# Word for the day  behoove



## Josiah (Mar 14, 2015)

behoove


biˈho͞ov


verb formal


it is a duty or responsibility for someone to do something; it is incumbent on. 


"it behooves any coach to study his predecessors"


synonyms:	be incumbent on, be obligatory for, be required of, be expected of, be appropriate for,
it is appropriate or suitable; it befits.


"it ill behooves the opposition constantly to decry the sale of arms to friendly countries"

This word appears in a comment today elsewhere on SF.


----------



## Shirley (Mar 14, 2015)

That reminds me of a quote that my eighth grade teacher had on the wall of her classroom. 
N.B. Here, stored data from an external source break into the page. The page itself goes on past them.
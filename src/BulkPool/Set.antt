-- ===== src/BulkPool/Set.antt =====
-- src/margo-bulk-pool.c: pool sets, pools of sizes that grow by a factor.
use mochi_margo.Base.{
  ℕ, zero, suc, Bool, false, not, ◌&&◌, Option, none, some, List, [], ◌∷◌, ◌++◌, leb, ◌==◌,
  if◌then◌else◌, ◌>>=◌, mul_u64, null,
}
use mochi_margo.Mercury.{HgReturn, success, nomem_error, is_success}
use mochi_margo.BulkPool.Defs.{
  Pool, Outcome, fault, rejected, waits, done, pool_get, pool_tryget, BulkInfo, pool_release,
  pool_destroy,
}
use mochi_margo.BulkPool.Create.{Calls, pool_create}

-- `npools` is the length of `pools`.
pub record Poolset : Type 0 where
  pub pools : List Pool
  pub nbufs : ℕ
  pub first_size : ℕ
  pub size_multiple : ℕ

-- The loop of `margo_bulk_poolset_create`: the code of the last call, and the pools made so far in
-- order; `none` is a fault. The first argument is the number of rounds left, `i` the round.
unfoldable pub create_pools :
    (ℕ → Calls) → (n i nbufs size size_multiple flag : ℕ) → Option (HgReturn × List Pool)
create_pools calls zero i nbufs size m flag = some (success, [])
create_pools calls (suc n) i nbufs size m flag =
    let rest = create_pools calls n (suc i) nbufs (mul_u64 size m) m flag in
    do
      r ← pool_create (calls i) nbufs size flag
      elim r.pool [
        | none ↦ some (r.ret, [])
        | some p ↦
            if is_success r.ret
            then (do (ret, pools) ← rest; some (ret, p ∷ pools))
            else some (r.ret, [])
      ]

pub record SetCreated : Type 0 where
  pub ret : HgReturn
  pub poolset : Option Poolset
  pub destroyed : List Pool

-- `margo_bulk_poolset_create`, where the asserted conditions hold; the two allocations come first.
-- On failure the pools made so far are destroyed.
unfoldable pub poolset_create :
    (calloc_set calloc_pools : Bool)
    → (ℕ → Calls)
    → (npools nbufs first_size size_multiple flag : ℕ) → Option SetCreated
unfolding create_pools
poolset_create calloc_set calloc_pools calls npools nbufs first_size size_multiple flag =
    if not (calloc_set && calloc_pools)
    then some (record { ret = nomem_error; poolset = none; destroyed = [] })
    else do
      (ret, pools) ← create_pools calls npools 0 nbufs first_size size_multiple flag
      some (
          if is_success ret
          then record {
            ret = success;
            poolset = some (record {
              pools = pools;
              nbufs = nbufs;
              first_size = first_size;
              size_multiple = size_multiple;
            });
            destroyed = [];
          }
          else record { ret = ret; poolset = none; destroyed = pools })

-- A call on the pool at the head of a list that also returns a handle, and one that does not.
abbrev pub at_head : Outcome (ℕ × Pool) → List Pool → Outcome (ℕ × List Pool)
at_head fault ps = fault
at_head rejected ps = rejected
at_head waits ps = waits
at_head (done (b, p)) ps = done (b, p ∷ ps)

abbrev pub head_only : Outcome Pool → List Pool → Outcome (List Pool)
head_only fault ps = fault
head_only rejected ps = rejected
head_only waits ps = waits
head_only (done p) ps = done (p ∷ ps)

-- A call on the tail of a list.
abbrev pub behind : Pool → Outcome (ℕ × List Pool) → Outcome (ℕ × List Pool)
behind p fault = fault
behind p rejected = rejected
behind p waits = waits
behind p (done (b, ps)) = done (b, p ∷ ps)

abbrev pub behind_only : Pool → Outcome (List Pool) → Outcome (List Pool)
behind_only p fault = fault
behind_only p rejected = rejected
behind_only p waits = waits
behind_only p (done ps) = done (p ∷ ps)

-- The loop of `margo_bulk_poolset_get`.
unfoldable pub get_loop : (size this_size size_mult : ℕ) → List Pool → Outcome (ℕ × List Pool)
get_loop size this_size size_mult [] = rejected
get_loop size this_size size_mult (p ∷ ps) =
    if leb size this_size
    then at_head (pool_get (some p)) ps
    else behind p (get_loop size (mul_u64 this_size size_mult) size_mult ps)

-- `margo_bulk_poolset_get`; `none` is MARGO_BULK_POOLSET_NULL, the answer has the pools after it.
unfoldable pub poolset_get : Option Poolset → ℕ → Outcome (ℕ × List Pool)
unfolding get_loop
poolset_get none size = rejected
poolset_get (some s) size = get_loop size s.first_size s.size_multiple s.pools

-- Whether a try on a pool ends the search.
abbrev pub keeps_looking : (any_flag : Bool) → Outcome (ℕ × Pool) → Bool
keeps_looking any_flag (done (b, p)) = (b == null) && any_flag
keeps_looking any_flag _ = false

-- The loop of `margo_bulk_poolset_tryget`; it returns HG_BULK_NULL where no pool has a handle.
unfoldable pub tryget_loop :
    (size this_size size_mult : ℕ) → (any_flag : Bool) → List Pool → Outcome (ℕ × List Pool)
tryget_loop size this_size size_mult any_flag [] = done (null, [])
tryget_loop size this_size size_mult any_flag (p ∷ ps) =
    let rest = behind p (tryget_loop size (mul_u64 this_size size_mult) size_mult any_flag ps) in
    let head = pool_tryget (some p) in
    if leb size this_size
    then (if keeps_looking any_flag head then rest else at_head head ps)
    else rest

-- `margo_bulk_poolset_tryget`
unfoldable pub poolset_tryget : Option Poolset → ℕ → Bool → Outcome (ℕ × List Pool)
unfolding tryget_loop
poolset_tryget none size any_flag = rejected
poolset_tryget (some s) size any_flag =
    tryget_loop size s.first_size s.size_multiple any_flag s.pools

-- The loop of `margo_bulk_poolset_release`.
unfoldable pub release_loop :
    BulkInfo → (bulk bulk_size size size_mult : ℕ) → List Pool → Outcome (List Pool)
release_loop info bulk bulk_size size size_mult [] = rejected
release_loop info bulk bulk_size size size_mult (p ∷ ps) =
    if bulk_size == size
    then head_only (pool_release info (some p) bulk) ps
    else behind_only p (release_loop info bulk bulk_size (mul_u64 size size_mult) size_mult ps)

-- `margo_bulk_poolset_release`
unfoldable pub poolset_release : BulkInfo → Option Poolset → ℕ → Outcome (List Pool)
unfolding release_loop
poolset_release info none bulk = rejected
poolset_release info (some s) bulk =
    if bulk == null
    then rejected
    else release_loop info bulk (info.get_size bulk) s.first_size s.size_multiple s.pools

-- `margo_bulk_poolset_get_max`: the size of the last pool, a fault where there is none.
unfoldable pub get_max : List Pool → Option ℕ
get_max [] = none
get_max (p ∷ []) = some p.size
get_max (p ∷ q ∷ ps) = get_max (q ∷ ps)

-- `margo_bulk_poolset_destroy`: what each pool frees.
unfoldable pub poolset_destroy : Option Poolset → List ℕ
poolset_destroy none = []
poolset_destroy (some s) = free_all s.pools
  where
    free_all : List Pool → List ℕ
    free_all [] = []
    free_all (p ∷ ps) = (pool_destroy (some p)).1 ++ free_all ps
There is so much good in the worst of us
And so much bad in the best of us
That it hardly behooves any of us
To talk about the rest of us.


----------



## Josiah (Mar 14, 2015)

Should be in every eighth grade classroom, Thanks Shirley


----------



## Shirley (Mar 14, 2015)

I agree.


----------



## Vivjen (Mar 14, 2015)

That is interesting; because in UK it is almost always behove.....pronounced as in elope; behoove is just an add on...


----------



## 911 (Mar 14, 2015)

I don't like this word. I wrote this word in a report years ago and actually misused it, which changed the meaning of the sentence. The report was an arrest report and the Prosecutor called me and gave me the third degree. After that, I kept a dictionary on my desk and used it quite frequently.


----------



## Josiah (Mar 14, 2015)

Vivjen said:


> That is interesting; because in UK it is almost always behove.....pronounced as in elope; behoove is just an add on...




Behove and behoove


Pronounced /bɪˈhuːv/Help with pronunciation


A columnist in my daily paper recently wrote, “My dear Britain, it behoves me to inform you that first, I don’t exactly know what the word “behoves” means, but I do enjoy using it.” It behoves me to make good this deficiency by explaining that it expresses a duty and may be translated as “is required of” or “is incumbent upon”.
When James Murray wrote the definition for the word in what was then The New English Dictionary on Historical Principles (only much later the Oxford English Dictionary) he described it as “mainly a literary word”. Some modern stylists have called it archaic or a fossil, but it’s some way from that, though almost always in writing and very rarely in the spoken language. It is a little better known in the US, where the behoove spelling is standard. British pundits and politicians feel that the occasional behove adds a statesmanlike and elevated air to their utterances, though they risk sounding old-fashioned and pompous.
The origin is Old English behōfian, from bihōf, utility, whose adjective is bihóflíc, useful or necessary. The main sense of the verb was need or necessity.
It’s one of those few expressions in modern English that is almost always impersonal. You or I, or even they, do not generally behove. The empty agent it is usually in charge of the verb. Behove can also appear with negative sense, for which a common marker word in the UK is ill. Ill behoves implies acting inappropriately or improperly, as in this editorial pronouncement from a Sunday newspaper:
In an age of genuine austerity, it ill behoves those who have enough cash to eat as they wish to stand in judgment on those who do not.
The Observer, 10 Feb. 2013.


Americans use this form only rarely, but use behoove with a wider range of modifying words, such as would, might and certainly.


----------



## Vivjen (Mar 14, 2015)

Thanks....there we are!


----------



## RadishRose (Mar 14, 2015)

It behooves me to say..
Have a very nice day!


----------



## Josiah (Mar 14, 2015)

RadishRose said:


> It behooves me to say..
> Have a very nice day!



Thanks to your kind wishes, it has been.


----------



## ronaldj (Mar 14, 2015)

when I was in boot camp the di used that word all the time


----------